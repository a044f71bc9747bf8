-- ===== src/Admin/Asked.antt =====
-- What a request asks of the venue, told from tables of the control plane's commands apart from the
-- handlers of internal/admin/admin.go.
use fix_session_lab.Base.{
  ◌≡◌, ◌≢◌, refl, ap, ◌∙◌, if_neg, Bool, true, false, not, List, [], ◌∷◌, Option, none, some, ite,
}
use fix_session_lab.Admin.{Body, text_of, flag_of, number_of, no_body}
use fix_session_lab.Admin.Params.{
  Request, query_get, ParamError, required, not_an_integer, not_a_number,
}
use fix_session_lab.Base.Atoi.{Parsed, number, bad_syntax, out_of_range, atoi}
use fix_session_lab.Base.Int.{ℤ}
use fix_session_lab.Base.Lists.{length, keep, if◌then◌else◌}
use fix_session_lab.Base.Map.{lookup}
use fix_session_lab.Base.Text.{Text, codes, text_dec}
use fix_session_lab.Book.{Error, all_orders, is_open_day}
use fix_session_lab.Deps.{Deps, Result, ok, err}
use fix_session_lab.Exchange.{App, Kind, order_entry, kind_of_text}
use fix_session_lab.Exchange.Commands.{fill, partial, cancel, reject}
use fix_session_lab.Exchange.Events.{
  Event, fills, fills_part, cancels_one, rejects_one, cancels_all, refuses_logons, silences,
}

infixl 5 ◌>>=◌
abbrev ◌>>=◌ : {A B : Type 0} → Option A → (A → Option B) → Option B
none >>= f = none
some x >>= f = f x

-- A parameter that is given; an empty one is not.
unfoldable pub param : Request → Text → Option Text
unfolding query_get
param r key = let v = query_get r.query key in ite (text_dec v []) none (some v)

unfoldable pub given : Request → Text → Text → Text
unfolding param
given r key default = elim (param r key) [ none ↦ default | some v ↦ v ]

-- Whether a parameter is there and is the text `false`.
unfoldable pub is_off : Request → Bool
unfolding query_get
is_off r = ite (text_dec (query_get r.query (codes "on")) (codes "false")) true false

unfoldable pub kind_asked : Request → Kind
unfolding param
kind_asked r = elim (param r (codes "kind")) [ none ↦ order_entry | some t ↦ kind_of_text t ]

-- How a parameter that a command needs is read.
pub data Need : Type 0 where
  some_text an_integer a_decimal : Need

unfoldable integer_fault : Text → Parsed ℤ → Option ParamError
integer_fault key (number n) = none
integer_fault key bad_syntax = some (not_an_integer key bad_syntax)
integer_fault key out_of_range = some (not_an_integer key out_of_range)

module _ ⦃L : Deps⦄ where
  unfoldable decimal_fault : Text → Result Text L.Decimal → Option ParamError
  decimal_fault key (ok d) = none
  decimal_fault key (err e) = some (not_a_number key e)

  -- What is wrong with a parameter that is there.
  unfoldable misread : Text → Need → Text → Option ParamError
  unfolding integer_fault decimal_fault
  misread key some_text t = none
  misread key an_integer t = integer_fault key (atoi t)
  misread key a_decimal t = decimal_fault key (L.decimal_of_text t)

  unfoldable pub fault_at : Text → Need → Option Text → Option ParamError
  unfolding misread
  fault_at key need none = some (required key)
  fault_at key need (some t) = misread key need t

  -- What is wrong with the first parameter with which something is.
  unfoldable pub first_fault : Request → List (Text × Need) → Option ParamError
  unfolding fault_at param
  first_fault r [] = none
  first_fault r ((key, need) ∷ needs) =
      let rest = first_fault r needs in
      elim (fault_at key need (param r key)) [ some x ↦ some x | none ↦ rest ]

  unfoldable decimal_read : Result Text L.Decimal → Option L.Decimal
  decimal_read (ok d) = some d
  decimal_read (err e) = none

  unfoldable pub decimal_param : Request → Text → Option L.Decimal
  unfolding param decimal_read
  decimal_param r key = elim (param r key) [
    | none ↦ none
    | some t ↦ decimal_read (L.decimal_of_text t)
  ]

  -- A command: what it needs, and the event that a request for it is when it has that.
  pub record Command : Type 0 where
    pub needs : List (Text × Need)
    pub event : Request → Option Event

  unfoldable pub commands : List (Text × Command)
  unfolding param decimal_param given is_off
  commands =
      (
        codes "/admin/fill",
        record {
          needs = (codes "clordid", some_text) ∷ (codes "px", a_decimal) ∷ [];
          event = λ r. do
            id ← param r (codes "clordid")
            px ← decimal_param r (codes "px")
            some (fills id px);
        },
      )
      ∷ (
        codes "/admin/partial",
        record {
          needs =
              (codes "clordid", some_text)
              ∷ (codes "qty", a_decimal)
              ∷ (codes "px", a_decimal)
              ∷ [];
          event = λ r. do
            id ← param r (codes "clordid")
            qty ← decimal_param r (codes "qty")
            px ← decimal_param r (codes "px")
            some (fills_part id qty px);
        },
      )
      ∷ (
        codes "/admin/cancel",
        record {
          needs = (codes "clordid", some_text) ∷ [];
          event = λ r. do
            id ← param r (codes "clordid")
            some (cancels_one id (given r (codes "reason") (codes "cancelled by venue")));
        },
      )
      ∷ (
        codes "/admin/reject",
        record {
          needs = (codes "clordid", some_text) ∷ [];
          event = λ r. do
            id ← param r (codes "clordid")
            some (rejects_one id (given r (codes "reason") (codes "rejected by venue")));
        },
      )
      ∷ (
        codes "/admin/silence",
        record { needs = []; event = λ r. some (silences (not (is_off r))) },
      )
      ∷ (codes "/admin/gap", record { needs = (codes "n", an_integer) ∷ []; event = λ r. none })
      ∷ (
        codes "/admin/reject-logon",
        record {
          needs = [];
          event = λ r. some (
              refuses_logons
                (if is_off r then [] else given r (codes "reason") (codes "invalid credentials")));
        },
      )
      ∷ (
        codes "/admin/cancel-all",
        record {
          needs = [];
          event = λ r. some (cancels_all (given r (codes "reason") (codes "mass cancel by venue")));
        },
      )
      ∷ []

  unfoldable event_of : Request → Option Command → Option Event
  event_of r none = none
  event_of r (some c) = c.event r

  -- The event that a request is: a POST to the path of a command, with what the command needs.
  unfoldable pub meaning : Request → Option Event
  unfolding commands event_of
  meaning r =
      ite (text_dec r.method (codes "POST")) (event_of r (lookup text_dec r.path commands)) none

  unfoldable fault_of : Request → Option Command → Option ParamError
  unfolding first_fault
  fault_of r none = none
  fault_of r (some c) = first_fault r c.needs

  -- What is wrong with the parameters of a request.
  unfoldable pub fault : Request → Option ParamError
  unfolding commands fault_of
  fault r = fault_of r (lookup text_dec r.path commands)

  -- The error that the venue makes at an event of an operator.
  unfoldable pub refusal : App → Event → Option (Error L.Decimal)
  unfolding fill partial cancel reject
  refusal a (fills id px) = (fill a id px).1
  refusal a (fills_part id qty px) = (partial a id qty px).1
  refusal a (cancels_one id reason) = (cancel a id reason).1
  refusal a (rejects_one id reason) = (reject a id reason).1
  refusal a _ = none

  -- What the operator is told when there is none.
  unfoldable pub said : App → Event → Body
  unfolding all_orders is_open_day
  said a (fills id px) = text_of (codes "filled") id
  said a (fills_part id qty px) = text_of (codes "partial") id
  said a (cancels_one id reason) = text_of (codes "cancelled") id
  said a (rejects_one id reason) = text_of (codes "rejected") id
  said a (cancels_all reason) =
      number_of (codes "cancelled") (length (keep is_open_day (all_orders a.book)))
  said a (refuses_logons reason) = text_of (codes "reject_logon_reason") reason
  said a (silences v) = flag_of (codes "silenced") v
  said a _ = no_body

  -- The event that the venue goes through with at a request.
  unfoldable pub perform : App → Option Event → Option Event
  unfolding refusal
  perform a none = none
  perform a (some e) = elim (refusal a e) [ none ↦ some e | some x ↦ none ]

  -- The events of the requests that the venue goes through with, one after the other.
  unfoldable pub performed : App → Request → Option Event
  unfolding perform meaning
  performed a r = perform a (meaning r)

  pub meaning-event :
      (r : Request) (path : Text) (c : Command)
      → r.method ≡ codes "POST"
      → r.path ≡ path
      → lookup text_dec path commands ≡ some c
      → meaning r ≡ c.event r
  unfolding meaning event_of text_dec
  meaning-event r path c post at found = rw (post, at, meaning) (rw (found, event_of) refl)

  pub fault-first_fault :
      (r : Request) (path : Text) (c : Command)
      → r.path ≡ path
      → lookup text_dec path commands ≡ some c
      → fault r ≡ first_fault r c.needs
  unfolding fault fault_of
  fault-first_fault r path c at found =
      ap (λ p. fault_of r (lookup text_dec p commands)) at ∙ ap (fault_of r) found

  pub meaning-not_post : (r : Request) → r.method ≢ codes "POST" → meaning r ≡ none
  unfolding meaning
  meaning-not_post r other =
      if_neg (text_dec r.method (codes "POST")) other (event_of r (lookup text_dec r.path commands))
        none

  pub meaning-no_command : (r : Request) → lookup text_dec r.path commands ≡ none → meaning r ≡ none
  unfolding meaning event_of
  meaning-no_command r missing =
      elim (text_dec r.method (codes "POST"))
        as (λ d. ite d (event_of r (lookup text_dec r.path commands)) none ≡ none) [
          | yes post ↦ ap (event_of r) missing
          | no other ↦ refl
        ]

  pub first_fault-bad :
      (r : Request) (key : Text) (need : Need) (needs : List (Text × Need)) {x : ParamError}
      → fault_at key need (param r key) ≡ some x
      → first_fault r ((key, need) ∷ needs) ≡ some x
  unfolding first_fault
  first_fault-bad r key need needs {x} e = rw (e, first_fault) refl

  pub first_fault-good :
      (r : Request) (key : Text) (need : Need) (needs : List (Text × Need))
      → fault_at key need (param r key) ≡ none
      → first_fault r ((key, need) ∷ needs) ≡ first_fault r needs
  unfolding first_fault
  first_fault-good r key need needs e = rw (e, first_fault) refl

Exercise goal: The required answer is the exact run of lines above starting at the line with "kind_asked r = elim" and ending at the line with "decimal_read (ok d) = some d", with both ends present.

Written answer:
kind_asked r = elim (param r (codes "kind")) [ none ↦ order_entry | some t ↦ kind_of_text t ]

-- How a parameter that a command needs is read.
pub data Need : Type 0 where
  some_text an_integer a_decimal : Need

unfoldable integer_fault : Text → Parsed ℤ → Option ParamError
integer_fault key (number n) = none
integer_fault key bad_syntax = some (not_an_integer key bad_syntax)
integer_fault key out_of_range = some (not_an_integer key out_of_range)

module _ ⦃L : Deps⦄ where
  unfoldable decimal_fault : Text → Result Text L.Decimal → Option ParamError
  decimal_fault key (ok d) = none
  decimal_fault key (err e) = some (not_a_number key e)

  -- What is wrong with a parameter that is there.
  unfoldable misread : Text → Need → Text → Option ParamError
  unfolding integer_fault decimal_fault
  misread key some_text t = none
  misread key an_integer t = integer_fault key (atoi t)
  misread key a_decimal t = decimal_fault key (L.decimal_of_text t)

  unfoldable pub fault_at : Text → Need → Option Text → Option ParamError
  unfolding misread
  fault_at key need none = some (required key)
  fault_at key need (some t) = misread key need t

  -- What is wrong with the first parameter with which something is.
  unfoldable pub first_fault : Request → List (Text × Need) → Option ParamError
  unfolding fault_at param
  first_fault r [] = none
  first_fault r ((key, need) ∷ needs) =
      let rest = first_fault r needs in
      elim (fault_at key need (param r key)) [ some x ↦ some x | none ↦ rest ]

  unfoldable decimal_read : Result Text L.Decimal → Option L.Decimal
  decimal_read (ok d) = some d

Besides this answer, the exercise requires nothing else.